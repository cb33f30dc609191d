-- ===== src/Ws/Upgrade.antt =====
-- WebSocketT::upgrade of core/src/vc_ws.cpp: the client's side of the opening handshake.
pub mod Handshake
pub mod Returns
mod Tests
use vericonnect_agent.Base64.{encode}
use vericonnect_agent.Common.{Result, Status, ok, err, error, fail, io, timeout, protocol}
use vericonnect_agent.Net.{Net, Io, ◌>>=◌, pure}
use vericonnect_agent.Prelude.Search.{find, istarts_with}
use vericonnect_agent.Prelude.{
  ℕ, zero, suc, ◌+◌, ◌-◌, ◌/◌, inl, inr, Bool, false, ◌||◌, Option, none, some, [], ◌∷◌, ◌++◌,
  arith, Bytes, codes, ltb, leb, if◌then◌else◌, tests, drop,
}
use vericonnect_agent.Ws.Recv.{read_more}
use vericonnect_agent.Ws.{Ws}

-- kHdrTimeout
abbrev pub k_hdr_timeout : ℕ
k_hdr_timeout = 15000

-- "\r\n\r\n"
abbrev pub blank_line : Bytes
blank_line = b'\r' ∷ b'\n' ∷ b'\r' ∷ b'\n' ∷ []

abbrev crlf : Bytes
crlf = b'\r' ∷ b'\n' ∷ []

unfoldable pub upgrade_request : Bytes → Bytes → Bytes → Bytes → Bytes
upgrade_request host path_and_query extra_headers key =
    codes "GET "
    ++ path_and_query
    ++ codes " HTTP/1.1"
    ++ crlf
    ++ codes "Host: "
    ++ host
    ++ crlf
    ++ codes "Upgrade: websocket"
    ++ crlf
    ++ codes "Connection: Upgrade"
    ++ crlf
    ++ codes "Sec-WebSocket-Key: "
    ++ key
    ++ crlf
    ++ codes "Sec-WebSocket-Version: 13"
    ++ crlf
    ++ extra_headers
    ++ crlf

-- The status that the answer must start with.
abbrev pub is_switching : Bytes → Bool
is_switching in_ =
    istarts_with in_ (codes "HTTP/1.1 101") || istarts_with in_ (codes "HTTP/1.0 101")

-- A timeout of 0 or less is 0 here.
abbrev pub hdr_budget : ℕ → ℕ
hdr_budget timeout_ms = if ltb 0 timeout_ms then timeout_ms else k_hdr_timeout

module _ (n : Net) where
  -- `if (!ws.read_more(..)) return std::unexpected(Error::Io);` in front of the next round.
  abbrev pub if_read :
      Result (Ws n) → (Ws n → Io n (Option (Result (Ws n × ℕ)))) → Io n (Option (Result (Ws n × ℕ)))
  if_read (ok ws) loop = loop ws
  if_read (err e) loop = pure (some (err (error io)))

  -- A round without a blank line in the buffer, once the clock shows `now`.
  abbrev pub header_round :
      Ws n → ℕ → ℕ → (Ws n → Io n (Option (Result (Ws n × ℕ)))) → Io n (Option (Result (Ws n × ℕ)))
  header_round ws deadline now loop =
      if leb deadline now
      then pure (some (err (error timeout)))
      else (read_more n ws (deadline - now) >>= λ got. if_read got loop)

  -- The loop that reads the header block: where it ends in the buffer. `none` is out of fuel.
  unfoldable pub read_header : ℕ → Ws n → ℕ → Io n (Option (Result (Ws n × ℕ)))
  read_header zero ws deadline = pure none
  read_header (suc fuel) ws deadline = elim (find blank_line ws.buffered) [
    | some hdr_end ↦ pure (some (ok (ws, hdr_end)))
    | none ↦
        (n.monotonic_ms >>= λ now.
        header_round ws deadline now (λ ws'. read_header fuel ws' deadline))
  ]

  -- What is done with the header block: the bytes behind it stay in the buffer.
  abbrev pub accept : Option (Result (Ws n × ℕ)) → Option (Result (Ws n))
  accept none = none
  accept (some (err e)) = some (err e)
  accept (some (ok (ws, hdr_end))) =
      if is_switching ws.buffered
      then some (ok (record ws { buffered = drop (hdr_end + 4) ws.buffered }))
      else some (err (error protocol))

  -- The request is out: read the answer.
  abbrev pub after_request : ℕ → n.Conn → ℕ → Status → Io n (Option (Result (Ws n)))
  after_request fuel c timeout_ms (err e) = pure (some (err (error io)))
  after_request fuel c timeout_ms (ok _) = do
    now ← n.monotonic_ms
    got ←
        read_header fuel (record { transport = c; buffered = []; closed = false })
          (now + hdr_budget timeout_ms)
    pure (accept got)

  abbrev pub with_nonce :
      ℕ → n.Conn → Bytes → Bytes → Bytes → ℕ → Option Bytes → Io n (Option (Result (Ws n)))
  with_nonce fuel c host path_and_query extra_headers timeout_ms none =
      pure (some (err (error fail)))
  with_nonce fuel c host path_and_query extra_headers timeout_ms (some nonce) = do
    sent ← n.send c (upgrade_request host path_and_query extra_headers (encode nonce))
    after_request fuel c timeout_ms sent

  unfoldable pub upgrade : ℕ → n.Conn → Bytes → Bytes → Bytes → ℕ → Io n (Option (Result (Ws n)))
  unfolding read_header upgrade_request
  upgrade fuel c host path_and_query extra_headers timeout_ms = do
    nonce ← n.random_bytes 16
    with_nonce fuel c host path_and_query extra_headers timeout_ms nonce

__What you will do__.
Among the lines of the material, find those holding the word "buffered" and return them.

__Response area__.
  read_header (suc fuel) ws deadline = elim (find blank_line ws.buffered) [
      if is_switching ws.buffered
      then some (ok (record ws { buffered = drop (hdr_end + 4) ws.buffered }))
        read_header fuel (record { transport = c; buffered = []; closed = false })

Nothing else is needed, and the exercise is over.